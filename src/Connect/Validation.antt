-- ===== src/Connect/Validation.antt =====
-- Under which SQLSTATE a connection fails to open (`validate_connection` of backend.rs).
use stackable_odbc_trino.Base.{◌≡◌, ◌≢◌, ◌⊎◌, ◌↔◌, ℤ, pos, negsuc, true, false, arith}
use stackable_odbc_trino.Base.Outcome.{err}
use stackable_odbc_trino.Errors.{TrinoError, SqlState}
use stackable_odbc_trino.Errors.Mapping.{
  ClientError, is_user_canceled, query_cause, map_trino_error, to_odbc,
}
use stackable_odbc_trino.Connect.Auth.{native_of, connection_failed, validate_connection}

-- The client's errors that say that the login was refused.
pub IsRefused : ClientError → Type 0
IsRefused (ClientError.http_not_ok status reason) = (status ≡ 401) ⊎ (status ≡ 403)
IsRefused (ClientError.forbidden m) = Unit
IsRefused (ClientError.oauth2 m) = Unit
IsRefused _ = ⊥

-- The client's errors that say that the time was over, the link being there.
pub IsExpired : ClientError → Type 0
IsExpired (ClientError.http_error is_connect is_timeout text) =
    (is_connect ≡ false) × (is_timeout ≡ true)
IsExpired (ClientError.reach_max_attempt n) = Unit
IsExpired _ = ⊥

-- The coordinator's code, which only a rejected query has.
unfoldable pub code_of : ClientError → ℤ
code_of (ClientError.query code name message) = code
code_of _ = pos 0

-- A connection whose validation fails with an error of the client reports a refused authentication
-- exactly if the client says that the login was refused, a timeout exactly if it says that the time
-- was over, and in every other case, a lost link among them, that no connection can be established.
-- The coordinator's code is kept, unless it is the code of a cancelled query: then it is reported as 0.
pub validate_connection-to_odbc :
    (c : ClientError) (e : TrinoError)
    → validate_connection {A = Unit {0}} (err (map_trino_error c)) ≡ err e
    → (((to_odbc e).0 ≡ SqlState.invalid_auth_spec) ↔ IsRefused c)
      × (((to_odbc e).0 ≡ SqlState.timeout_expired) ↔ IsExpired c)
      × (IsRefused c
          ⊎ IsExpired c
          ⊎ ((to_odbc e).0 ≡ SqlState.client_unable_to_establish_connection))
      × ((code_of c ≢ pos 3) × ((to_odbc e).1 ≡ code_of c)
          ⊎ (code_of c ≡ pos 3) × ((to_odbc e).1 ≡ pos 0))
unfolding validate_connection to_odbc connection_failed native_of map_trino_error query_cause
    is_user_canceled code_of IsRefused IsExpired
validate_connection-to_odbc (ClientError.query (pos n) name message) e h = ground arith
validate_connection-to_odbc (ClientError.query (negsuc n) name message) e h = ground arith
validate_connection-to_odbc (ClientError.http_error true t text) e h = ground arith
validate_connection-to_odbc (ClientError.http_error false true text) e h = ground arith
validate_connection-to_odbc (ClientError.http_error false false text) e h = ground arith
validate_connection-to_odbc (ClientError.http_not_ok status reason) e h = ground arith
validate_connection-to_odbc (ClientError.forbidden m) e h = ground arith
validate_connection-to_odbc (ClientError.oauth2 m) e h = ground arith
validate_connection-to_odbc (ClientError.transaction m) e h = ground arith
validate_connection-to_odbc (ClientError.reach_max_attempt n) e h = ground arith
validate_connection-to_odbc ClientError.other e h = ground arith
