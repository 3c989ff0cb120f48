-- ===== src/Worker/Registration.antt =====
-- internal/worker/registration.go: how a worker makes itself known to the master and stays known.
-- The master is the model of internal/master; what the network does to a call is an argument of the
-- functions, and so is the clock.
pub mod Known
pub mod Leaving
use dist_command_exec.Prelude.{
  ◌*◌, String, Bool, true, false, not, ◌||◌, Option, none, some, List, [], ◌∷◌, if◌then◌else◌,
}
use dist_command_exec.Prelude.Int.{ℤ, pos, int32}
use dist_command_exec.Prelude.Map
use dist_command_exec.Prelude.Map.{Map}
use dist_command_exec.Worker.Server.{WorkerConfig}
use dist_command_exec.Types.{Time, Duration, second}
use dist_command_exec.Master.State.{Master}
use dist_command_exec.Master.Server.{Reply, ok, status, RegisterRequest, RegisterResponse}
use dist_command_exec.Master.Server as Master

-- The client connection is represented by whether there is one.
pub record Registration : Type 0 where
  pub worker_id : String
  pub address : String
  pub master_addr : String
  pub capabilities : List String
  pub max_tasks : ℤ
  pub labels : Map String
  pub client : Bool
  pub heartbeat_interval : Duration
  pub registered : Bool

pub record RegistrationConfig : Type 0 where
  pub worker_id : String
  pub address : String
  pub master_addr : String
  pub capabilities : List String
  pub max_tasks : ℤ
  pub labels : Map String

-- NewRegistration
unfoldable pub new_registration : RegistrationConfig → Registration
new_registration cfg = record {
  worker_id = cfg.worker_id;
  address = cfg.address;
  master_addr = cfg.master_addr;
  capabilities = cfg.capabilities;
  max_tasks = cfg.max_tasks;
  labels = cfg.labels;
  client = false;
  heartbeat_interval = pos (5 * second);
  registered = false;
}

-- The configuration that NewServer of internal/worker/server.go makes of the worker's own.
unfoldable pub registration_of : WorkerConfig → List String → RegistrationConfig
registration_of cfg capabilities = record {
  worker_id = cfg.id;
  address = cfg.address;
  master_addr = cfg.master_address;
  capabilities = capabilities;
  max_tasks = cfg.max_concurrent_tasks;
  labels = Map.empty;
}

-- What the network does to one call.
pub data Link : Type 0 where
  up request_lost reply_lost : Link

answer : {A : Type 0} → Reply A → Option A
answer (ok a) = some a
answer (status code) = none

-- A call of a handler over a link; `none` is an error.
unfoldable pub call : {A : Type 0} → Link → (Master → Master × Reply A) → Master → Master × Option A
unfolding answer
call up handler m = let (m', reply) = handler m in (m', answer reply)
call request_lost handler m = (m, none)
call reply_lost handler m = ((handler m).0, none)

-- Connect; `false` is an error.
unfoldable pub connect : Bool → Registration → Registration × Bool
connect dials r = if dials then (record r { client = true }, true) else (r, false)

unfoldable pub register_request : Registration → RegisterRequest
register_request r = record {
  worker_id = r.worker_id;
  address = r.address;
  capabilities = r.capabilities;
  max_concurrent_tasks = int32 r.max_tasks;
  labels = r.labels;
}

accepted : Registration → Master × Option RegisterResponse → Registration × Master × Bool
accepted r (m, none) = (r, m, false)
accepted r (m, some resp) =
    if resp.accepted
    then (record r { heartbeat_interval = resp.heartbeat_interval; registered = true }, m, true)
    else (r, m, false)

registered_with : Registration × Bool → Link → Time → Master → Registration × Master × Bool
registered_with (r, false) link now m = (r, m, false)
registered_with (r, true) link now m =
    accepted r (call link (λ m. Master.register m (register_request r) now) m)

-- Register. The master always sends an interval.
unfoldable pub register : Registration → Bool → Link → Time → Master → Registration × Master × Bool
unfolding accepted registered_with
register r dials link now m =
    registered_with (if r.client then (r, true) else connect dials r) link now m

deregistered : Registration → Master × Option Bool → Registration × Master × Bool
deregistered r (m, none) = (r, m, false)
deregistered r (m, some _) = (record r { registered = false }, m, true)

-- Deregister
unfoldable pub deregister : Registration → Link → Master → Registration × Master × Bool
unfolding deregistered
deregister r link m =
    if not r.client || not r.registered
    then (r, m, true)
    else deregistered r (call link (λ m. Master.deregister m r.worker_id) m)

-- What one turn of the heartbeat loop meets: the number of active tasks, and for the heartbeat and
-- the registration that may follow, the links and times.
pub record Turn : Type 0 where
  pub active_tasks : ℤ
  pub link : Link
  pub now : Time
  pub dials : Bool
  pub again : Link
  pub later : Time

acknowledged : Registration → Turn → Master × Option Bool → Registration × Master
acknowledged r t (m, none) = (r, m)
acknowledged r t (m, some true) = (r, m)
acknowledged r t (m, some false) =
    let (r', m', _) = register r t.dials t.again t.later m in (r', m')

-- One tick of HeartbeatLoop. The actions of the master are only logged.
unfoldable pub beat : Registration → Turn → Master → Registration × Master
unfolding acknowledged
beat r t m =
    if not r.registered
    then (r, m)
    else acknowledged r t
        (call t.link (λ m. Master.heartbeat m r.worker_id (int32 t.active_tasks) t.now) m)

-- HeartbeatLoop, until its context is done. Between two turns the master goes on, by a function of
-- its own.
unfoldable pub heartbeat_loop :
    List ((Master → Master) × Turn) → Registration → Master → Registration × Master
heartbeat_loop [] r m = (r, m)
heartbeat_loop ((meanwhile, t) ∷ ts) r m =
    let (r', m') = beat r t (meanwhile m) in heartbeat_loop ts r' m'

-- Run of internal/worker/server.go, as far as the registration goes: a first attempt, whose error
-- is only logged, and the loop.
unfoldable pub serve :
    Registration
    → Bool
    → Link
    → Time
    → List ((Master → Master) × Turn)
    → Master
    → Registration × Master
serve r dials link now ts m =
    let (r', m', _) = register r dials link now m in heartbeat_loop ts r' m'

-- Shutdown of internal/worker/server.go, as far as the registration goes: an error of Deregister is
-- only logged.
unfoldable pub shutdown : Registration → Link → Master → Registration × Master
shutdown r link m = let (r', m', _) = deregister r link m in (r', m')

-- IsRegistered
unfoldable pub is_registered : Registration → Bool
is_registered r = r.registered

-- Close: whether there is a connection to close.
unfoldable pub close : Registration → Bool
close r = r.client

**Work instructions**: When you reach the line that contains "-- A connection", stop; output it and every line before it from the start of the data, exactly as written.

**Exercise answer**:
filename src/Connect/Validation.antt
-- ===== src/Connect/Validation.antt =====
-- Under which SQLSTATE a connection fails to open (`validate_connection` of backend.rs).
use stackable_odbc_trino.Base.{◌≡◌, ◌≢◌, ◌⊎◌, ◌↔◌, ℤ, pos, negsuc, true, false, arith}
use stackable_odbc_trino.Base.Outcome.{err}
use stackable_odbc_trino.Errors.{TrinoError, SqlState}
use stackable_odbc_trino.Errors.Mapping.{
  ClientError, is_user_canceled, query_cause, map_trino_error, to_odbc,
}
use stackable_odbc_trino.Connect.Auth.{native_of, connection_failed, validate_connection}

-- The client's errors that say that the login was refused.
pub IsRefused : ClientError → Type 0
IsRefused (ClientError.http_not_ok status reason) = (status ≡ 401) ⊎ (status ≡ 403)
IsRefused (ClientError.forbidden m) = Unit
IsRefused (ClientError.oauth2 m) = Unit
IsRefused _ = ⊥

-- The client's errors that say that the time was over, the link being there.
pub IsExpired : ClientError → Type 0
IsExpired (ClientError.http_error is_connect is_timeout text) =
    (is_connect ≡ false) × (is_timeout ≡ true)
IsExpired (ClientError.reach_max_attempt n) = Unit
IsExpired _ = ⊥

-- The coordinator's code, which only a rejected query has.
unfoldable pub code_of : ClientError → ℤ
code_of (ClientError.query code name message) = code
code_of _ = pos 0

-- A connection whose validation fails with an error of the client reports a refused authentication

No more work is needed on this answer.